# 20 PS Außenborder auf 15 PS reduzieren



## Löwenbäcker (6. Januar 2013)

Hallo,

kann man eigentlich einen modernen 20 PS Außenborder (z.B. von Honda) auf 15 PS reduzieren lassen um dann damit führerscheinfrei zu fahren? 

Alternativ: Die 15 und 20 PS Motoren von Honda sind vollkommen baugleich.

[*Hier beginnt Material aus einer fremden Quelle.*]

-- ===== src/Queue/Claims.antt =====
-- The loop of `claim`: the row that it selects, and the ways through it.
use verifier_ci.Prelude.{
  ℕ, zero, suc, ◌≡◌, refl, Bool, true, false, ◌&&◌, Option, none, some, List, [], ◌∷◌, map, arith,
  inl, inr, ◌⊎◌, Bool-cases, Option-cases, count_if, subst, sym, ◌∙◌, ◌++◌, leb,
}
use verifier_ci.Prelude.Tables.{IsIn, find_key-IsIn, Unique}
use verifier_ci.Models.Job.{Key, Job, is_pending}
use verifier_ci.Queue.Database.{Database, ok, find_job, update_jobs, has_id}
use verifier_ci.Queue.RunState.{update_run_state}
use verifier_ci.Queue.Evolution.{job_key, Advance}
use verifier_ci.Queue.Keeps.{
  Keeps, Keeps-refl, Keeps-trans, update_jobs-Keeps, update_row-Keeps, update_run_state-Keeps,
  insert-Keeps,
}
use verifier_ci.Queue.Claim.{
  ClaimRequest, least_job, is_claimable, claim, claim_loop, grant, fail_pending, is_pending_in,
  cancelled_job, claimed_job, earlier, new_attempt, run_is_cancelled,
}

-- The primary key of `jobs`.
abbrev pub HasUniqueJobs : Database → Type 0
HasUniqueJobs db = Unique (map job_key db.jobs)

pub Keeps-HasUniqueJobs : (db db' : Database) → Keeps db db' → HasUniqueJobs db → HasUniqueJobs db'
Keeps-HasUniqueJobs db db' k u = subst Unique (sym k.same_ids) u

earlier-IsIn :
    (p : Job → Bool) (j m : Job) (jobs : List Job) (row : Job)
    → p j ≡ true
    → IsIn m jobs × (p m ≡ true)
    → row ≡ earlier j (some m)
    → IsIn row (j ∷ jobs) × (p row ≡ true)
earlier-IsIn p j m jobs row hit (here, hit') e = elim (Bool-cases (leb j.job_id m.job_id)) [
  | inl le ↦ let q : row ≡ j = ground arith in (inl q, rw q hit)
  | inr gt ↦
      let q : row ≡ m = ground arith in (inr (subst (λ x. IsIn x jobs) (sym q) here), rw q hit')
]

-- The selected row stands in the table and passes the test.
pub least_job-IsIn :
    (p : Job → Bool) (jobs : List Job) (row : Job)
    → least_job p jobs ≡ some row
    → IsIn row jobs × (p row ≡ true)
unfolding least_job
least_job-IsIn p [] row h = ground arith
least_job-IsIn p (j ∷ jobs) row h = elim (Bool-cases (p j)) [
  | inl hit ↦ elim (Option-cases (least_job p jobs)) [
    | inl e ↦ (inl (ground arith), ground arith)
    | inr (m, e) ↦ earlier-IsIn p j m jobs row hit (least_job-IsIn p jobs m e) (ground arith)
  ]
  | inr miss ↦ let (here, hit) = least_job-IsIn p jobs row (ground arith) in (inr here, hit)
]

pub fail_pending-Keeps : (run : Key) (db : Database) → Keeps db (fail_pending run db)
fail_pending-Keeps run db =
    update_jobs-Keeps (is_pending_in run) cancelled_job db (λ j. refl) λ k j h hit. ground arith

pub grant-Keeps :
    (r : ClaimRequest) (row : Job) (db db' : Database) (o : Option Job)
    → find_job row.job_id db.jobs ≡ some row
    → is_pending row.state ≡ true
    → grant r row db ≡ ok (o, db')
    → Keeps db db'
unfolding grant
grant-Keeps r row db db' o found waiting h = subst (Keeps db) (sym done) (
    Keeps-trans db marked _
      (update_row-Keeps row.job_id _ (claimed_job r row) db row (λ j. refl) (λ j t. ground arith)
        found advances)
      (Keeps-trans marked (record marked { attempts = db.attempts ++ new_attempt r row ∷ [] }) _
        (insert-Keeps (new_attempt r row) marked) (update_run_state-Keeps row.run_id r.now_ms _)))
  where
    marked : Database
    marked = update_jobs (λ j. has_id row.job_id j && is_pending j.state) (claimed_job r row) db

    done :
        db'
        ≡ update_run_state row.run_id r.now_ms
            (record marked { attempts = db.attempts ++ new_attempt r row ∷ [] })
    done = ground arith

    advances : Advance row (claimed_job r row row)
    advances = ground arith

-- The row that `claim` selects is the stored one, and pending.
pub selected_row :
    (run : Option Key) (db : Database) (row : Job)
    → HasUniqueJobs db
    → least_job (is_claimable run) db.jobs ≡ some row
    → (find_job row.job_id db.jobs ≡ some row) × (is_claimable run row ≡ true)
selected_row run db row u e =
    let (here, hit) = least_job-IsIn (is_claimable run) db.jobs row e in
    (find_key-IsIn job_key row db.jobs u here, hit)

-- A way through the loop of `claim`, from a database to its result.
pub data Claims (r : ClaimRequest) (o : Option Job) (db' : Database) : Database → Type 0 where
  empty_queue :
      {db : Database}
      → least_job (is_claimable r.run_id) db.jobs ≡ none
      → o ≡ none
      → db' ≡ db
      → Claims r o db' db
  skip_run :
      {db : Database} (row : Job)
      → least_job (is_claimable r.run_id) db.jobs ≡ some row
      → run_is_cancelled row.run_id db ≡ true
      → Claims r o db' (update_run_state row.run_id r.now_ms (fail_pending row.run_id db))
      → Claims r o db' db
  grant_row :
      {db : Database} (row : Job)
      → least_job (is_claimable r.run_id) db.jobs ≡ some row
      → run_is_cancelled row.run_id db ≡ false
      → grant r row db ≡ ok (o, db')
      → Claims r o db' db

module _ (fuel : ℕ) (r : ClaimRequest) (db : Database) where
  claim_loop-empty :
      least_job (is_claimable r.run_id) db.jobs ≡ none → claim_loop (suc fuel) r db ≡ ok (none, db)
  unfolding claim_loop
  claim_loop-empty e = ground arith

  module _ (row : Job) (e : least_job (is_claimable r.run_id) db.jobs ≡ some row) where
    claim_loop-skip :
        run_is_cancelled row.run_id db ≡ true
        → claim_loop (suc fuel) r db
          ≡ claim_loop fuel r (update_run_state row.run_id r.now_ms (fail_pending row.run_id db))
    unfolding claim_loop
    claim_loop-skip c = ground arith

    claim_loop-grant :
        run_is_cancelled row.run_id db ≡ false
        → (claim_loop (suc fuel) r db ≡ claim_loop fuel r db)
          ⊎ (claim_loop (suc fuel) r db ≡ grant r row db)
    unfolding claim_loop
    claim_loop-grant c = ground arith

pub claim_loop-Claims :
    (fuel : ℕ) (r : ClaimRequest) (db db' : Database) (o : Option Job)
    → claim_loop fuel r db ≡ ok (o, db')
    → Claims r o db' db
unfolding claim_loop
claim_loop-Claims zero r db db' o h = cc
claim_loop-Claims (suc fuel) r db db' o h =
    elim (Option-cases (least_job (is_claimable r.run_id) db.jobs)) [
      | inl e ↦ let same = sym (claim_loop-empty fuel r db e) ∙ h in empty_queue e (cc) (cc)
      | inr (row, e) ↦ elim (Bool-cases (run_is_cancelled row.run_id db)) [
        | inl stopped ↦
            skip_run row e stopped
              (claim_loop-Claims fuel r _ db' o (sym (claim_loop-skip fuel r db row e stopped) ∙ h))
        | inr going ↦ elim (claim_loop-grant fuel r db row e going) [
          | inl again ↦ claim_loop-Claims fuel r db db' o (sym again ∙ h)
          | inr granted ↦ grant_row row e going (sym granted ∙ h)
        ]
      ]
    ]

-- A transaction of `claim` that commits went one of these ways.
pub claim-Claims :
    (r : ClaimRequest) (db db' : Database) (o : Option Job)
    → claim r db ≡ ok (o, db')
    → Claims r o db' db
unfolding claim
claim-Claims r db db' o h =
    claim_loop-Claims (suc (count_if (λ j. is_pending j.state) db.jobs)) r db db' o h

pub Claims-Keeps :
    (r : ClaimRequest) (o : Option Job) (db' : Database) {db : Database}
    → HasUniqueJobs db
    → Claims r o db' db
    → Keeps db db'
Claims-Keeps r o db' {db} u (empty_queue e none_left same) =
    subst (Keeps db) (sym same) (Keeps-refl db)
Claims-Keeps r o db' {db} u (skip_run row e stopped rest) =
    let first : Keeps db (update_run_state row.run_id r.now_ms (fail_pending row.run_id db)) =
      Keeps-trans db _ _ (fail_pending-Keeps row.run_id db)
        (update_run_state-Keeps row.run_id r.now_ms _) in
    Keeps-trans db _ db' first (Claims-Keeps r o db' (Keeps-HasUniqueJobs db _ first u) rest)
Claims-Keeps r o db' {db} u (grant_row row e going granted) =
    let (found, ready) = selected_row r.run_id db row u e in
    grant-Keeps r row db db' o found (ground arith) granted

Woran würde eigentlich ein Wasserschutzpolizist erkennen, dass es sich um einen 20 PS Motor handelt, wenn hinten zufällig 15 PS draufsteht?


----------



## Chiforce (6. Januar 2013)

*AW: 20 PS Außenborder auf 15 PS reduzieren*

an der Motorplakette.


----------



## LOCHI (6. Januar 2013)

*AW: 20 PS Außenborder auf 15 PS reduzieren*

Genau, Typenschild tauschen und nicht erwischen lassen...


----------



## Don-Machmut (6. Januar 2013)

*AW: 20 PS Außenborder auf 15 PS reduzieren*



Löwenbäcker schrieb:


> Hallo,
> 
> kann man eigentlich einen modernen 20 PS Außenborder (z.B. von Honda) auf 15 PS reduzieren lassen um dann damit führerscheinfrei zu fahren?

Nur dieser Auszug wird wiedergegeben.